The scene in the Coliseum, where Winterbourne comes upon Daisy and Giovanelli, reveals Winterbourne at his most pathetic. Nowhere does he respond with less thought or reflection. He immediately takes the fact of Daisy’s presence there, at that hour and in that situation, as evidence of her worthlessness. Still, Winterbourne’s reaction is complex. He is horrified but also relieved, and he is “angry with himself” for having wasted so much time bothering about “the right way of regarding Miss Daisy Miller.” In a way, Winterbourne feels let off the hook, but whether he feared that Daisy was innocent or guilty remains unclear. At Daisy’s funeral, Giovanelli tells Winterbourne that Daisy was beautiful and also innocent, which serves as a disturbing revelation for Winterbourne. After all, if anyone should know the extent of Daisy’s culpability, it is Giovanelli, her “accomplice” in all her presumed wrongdoing. Giovanelli’s comment, which he tosses out as an afterthought, suggests that Winterbourne judged Daisy wrongly, and it strongly affects Winterbourne.

The scene at the Coliseum is rife with thematic and symbolic content. The ancient arena is where generations of Christian martyrs were sent to do hopeless battle with lions and other wild beasts. Daisy is not necessarily a martyr to anything, but in a way she is indeed trying to take on the threatening forces of Roman high society. For Winterbourne, the Coliseum is associated with his beloved poet Byron. Winterbourne thinks of a particular passage in a long verse-drama of Byron’s called “Manfred” when he becomes aware of the presence of Daisy and Giovanelli. However, Winterbourne’s understanding of Byron is at best superficial, and his thinking of a Romantic poet just here, on the verge of writing Daisy off, is ironic, given what the Romantic poets actually stood for: rebellion and unconventionality.

When Mrs. Costello asks Winterbourne if he thought Daisy might love him back if he indeed loved her, she, for the first time since the outing at Chillon, raises the possibility that Winterbourne might have entertained romantic feelings for Daisy.
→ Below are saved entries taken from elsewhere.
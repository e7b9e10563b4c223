-- ===== src/Interval.antt =====
-- src/gu_interval_array.c and src/gu_interval_array.h: sorted interval arrays with binary search.
-- An array holds its items in one of two backing stores; a NULL store is `none`. A payload is its
-- pointer value, 0 for NULL, with the ownership tag in bit 63. `qsort` is a parameter.
pub mod Order
pub mod Payload
pub mod Lookup
pub mod Build
use libgunwinder.Base.{
  ℕ, zero, suc, ◌+◌, ◌-◌, ◌/◌, ◌%◌, ◌^◌, ◌≤◌, ◌≡◌, Bool, true, false, not, ◌&&◌, ◌||◌, Option, none,
  some, List, [], ◌∷◌, map, bit_and, bit_or, ltb, leb, ◌==◌, if◌then◌else◌, Run, ok, fail, fault,
  past_end, wild_pointer, deep, length, get_elem?, set,
}
use mathlib.Core.List.{Perm}

pub record Item : Type 0 where
  pub start : ℕ
  pub end : ℕ
  pub private : ℕ

pub data StoreType : Type 0 where
  u32 u64 : StoreType

-- `count` is never negative: it is the length of the array that was sorted.
pub record IntervalArray : Type 0 where
  pub items_u32 : Option (List Item)
  pub items_u64 : Option (List Item)
  pub count : ℕ
  pub type : StoreType
  pub min : ℕ
  pub max : ℕ

-- The ownership tag of a payload pointer.
unfoldable pub mark_no_free : ℕ → ℕ
mark_no_free p = bit_or p (2 ^ 63)

unfoldable pub is_marked : ℕ → Bool
is_marked p = not (bit_and p (2 ^ 63) == 0)

unfoldable pub get_pointer : ℕ → ℕ
get_pointer p = bit_and p (2 ^ 63 - 1)

-- What C promises of `qsort` with `compare_intervals`.
abbrev pub Ascending : List Item → Type 0
Ascending [] = Unit
Ascending (x ∷ []) = Unit
Ascending (x ∷ y ∷ r) = (x.start ≤ y.start) × Ascending (y ∷ r)

pub record Qsort : Type 0 where
  pub apply : List Item → List Item
  pub permutes : (xs : List Item) → Perm (apply xs) xs
  pub ascends : (xs : List Item) → Ascending (apply xs)

abbrev pub uint32_max : ℕ
uint32_max = 2 ^ 32 - 1

abbrev pub uint64_max : ℕ
uint64_max = 2 ^ 64 - 1

unfoldable pub last_end : Item → Item
last_end x =
    if x.end == 0
    then record x { end = if ltb x.start uint32_max then uint32_max - 1 else uint64_max - 1 }
    else x

-- An open end becomes the next start; the last one becomes the end of the address range.
unfoldable pub fill_ends : List Item → List Item
unfolding last_end
fill_ends [] = []
fill_ends (x ∷ []) = last_end x ∷ []
fill_ends (x ∷ y ∷ r) = (if x.end == 0 then record x { end = y.start } else x) ∷ fill_ends (y ∷ r)

-- `items[count - 1].end`, for a first item and the rest.
unfoldable pub final_end : Item → List Item → ℕ
final_end x [] = x.end
final_end x (y ∷ r) = final_end y r

unfoldable pub narrow : Item → Item
narrow x = record x { start = x.start % 2 ^ 32; end = x.end % 2 ^ 32 }

-- The two allocations succeed or fail as the arguments say.
unfoldable pub build : Bool → List Item → Option IntervalArray
unfolding final_end narrow
build alloc_items [] = none
build alloc_items (x ∷ r) =
    if not alloc_items
    then none
    else if ltb (final_end x r) uint32_max
    then some (record {
      items_u32 = some (map narrow (x ∷ r));
      items_u64 = none;
      count = length (x ∷ r);
      type = u32;
      min = x.start % 2 ^ 32;
      max = final_end x r % 2 ^ 32;
    })
    else some (record {
      items_u32 = none;
      items_u64 = some (x ∷ r);
      count = length (x ∷ r);
      type = u64;
      min = x.start;
      max = final_end x r;
    })

-- The caller's items, sorted in place with their ends filled, and the new array or NULL.
unfoldable pub init : Qsort → Bool → Bool → List Item → List Item × Option IntervalArray
unfolding fill_ends build
init qsort alloc_array alloc_items items =
    if (length items == 0) || not alloc_array
    then (items, none)
    else (let filled = fill_ends (qsort.apply items) in (filled, build alloc_items filled))

-- The body of both `while (left <= right)` loops, with `hi` for `right + 1`.
unfoldable pub search_items : ℕ → List Item → ℕ → ℕ → ℕ → Run (ℕ × Item)
search_items zero items addr left hi = if ltb left hi then fault deep else fail
search_items (suc fuel) items addr left hi =
    let mid = left + (hi - 1 - left) / 2 in
    let below = search_items fuel items addr left mid in
    let above = search_items fuel items addr (mid + 1) hi in
    if ltb left hi
    then elim (get_elem? items mid) [
      | none ↦ fault past_end
      | some x ↦
          if leb x.start addr && ltb addr x.end
          then ok (mid, x)
          else (if ltb addr x.start then below else above)
    ]
    else fail

-- `*item` and the array after a search, with the index returned; -1 is `none`.
pub record SearchResult : Type 0 where
  pub array : Option IntervalArray
  pub item : Item
  pub index : Option ℕ

abbrev pub cleared : Item
cleared = record { start = 0; end = 0; private = 0 }

abbrev pub missed : Option IntervalArray → Run SearchResult
missed array = ok (record { array = array; item = cleared; index = none })

-- What a hit writes back to the store: the tag, unless the payload has it already.
unfoldable pub keep_payload : Bool → List Item → ℕ → Item → List Item
unfolding mark_no_free is_marked
keep_payload set_no_free items mid x =
    if set_no_free && not (is_marked x.private)
    then set items mid (record x { private = mark_no_free x.private })
    else items

-- The end of a search: the item with its payload untagged, and the index of the hit.
unfoldable pub report :
    Bool
    → IntervalArray
    → (List Item → IntervalArray)
    → List Item
    → Run (ℕ × Item)
    → Run SearchResult
report set_no_free a put items (ok (mid, x)) = ok (record {
  array = some (put (keep_payload set_no_free items mid x));
  item = record x { private = get_pointer x.private };
  index = some mid;
})
report set_no_free a put items fail = missed (some a)
report set_no_free a put items (fault e) = fault e

unfoldable pub search_store :
    Bool → IntervalArray → (List Item → IntervalArray) → Option (List Item) → ℕ → Run SearchResult
unfolding report
search_store set_no_free a put none addr = fault wild_pointer
search_store set_no_free a put (some items) addr =
    report set_no_free a put items (search_items a.count items addr 0 a.count)

abbrev pub has_store : IntervalArray → Bool
has_store a = elim a.items_u32 [
  | some items ↦ true
  | none ↦ elim a.items_u64 [ some items ↦ true | none ↦ false ]
]

-- `__gu_interval_array_search`; the callers always give an output item.
unfoldable pub search : Bool → Option IntervalArray → ℕ → Run SearchResult
unfolding search_store
search set_no_free none addr = missed none
search set_no_free (some a) addr =
    if (a.count == 0) || not (has_store a)
    then missed (some a)
    else if ltb addr a.min || ltb a.max addr
    then missed (some a)
    else elim a.type [
      | u32 ↦ search_store set_no_free a (λ s. record a { items_u32 = some s }) a.items_u32 addr
      | u64 ↦ search_store set_no_free a (λ s. record a { items_u64 = some s }) a.items_u64 addr
    ]

-- The payloads that `gu_interval_array_for_each_private` visits, in order.
unfoldable pub visited : List Item → List ℕ
unfolding get_pointer
visited [] = []
visited (x ∷ r) = if x.private == 0 then visited r else get_pointer x.private ∷ visited r

-- The payloads that `gu_interval_array_destroy` frees, in order.
unfoldable pub freed : List Item → List ℕ
unfolding get_pointer is_marked
freed [] = []
freed (x ∷ r) =
    if (x.private == 0) || is_marked x.private then freed r else get_pointer x.private ∷ freed r

abbrev pub store_or_nil : Option (List Item) → List Item
store_or_nil none = []
store_or_nil (some items) = items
Not surprisingly, Winterbourne sidesteps the issue, replying only that Daisy meant “she would have appreciated one’s esteem.” Winterbourne is saying that for all her much-vaunted lack of concern with what people thought of her, Daisy cared what he thought. However, Winterbourne uses the impersonal pronoun one’s not my both to distance himself from the whole matter and as if to suggest that Daisy’s message expressed something about her relationship with the whole community in Rome. Had Winterbourne embraced the possibility that Daisy’s affections and hopes were for him alone, his guilt over judging and dismissing her would necessarily increase.

When Winterbourne tells Mrs. Costello that she was right about his making a mistake with Daisy, he acknowledges her foresight and accepts that his mistake was great. In other words, his actions and inactions had meaning for him, and choosing differently might have altered or affected his life. Had he not suspected Daisy of immorality, or had he not denied his feelings for her, he may have found a measure of happiness that is now out of reach. The conclusion of the novel is poignant. James not only suggests that Winterbourne went right back to his former life, but he states this in a way that suggests that the whole story has just been part of an ongoing process of inconsequential gossip, with no importance for anyone—us, the people involved, or the man or woman telling the story. Although Winterbourne is clearly affected by what happened with Daisy, the fact that he can so smoothly return to his normal life suggests that he is, disturbingly, dismissing Daisy and her humanity.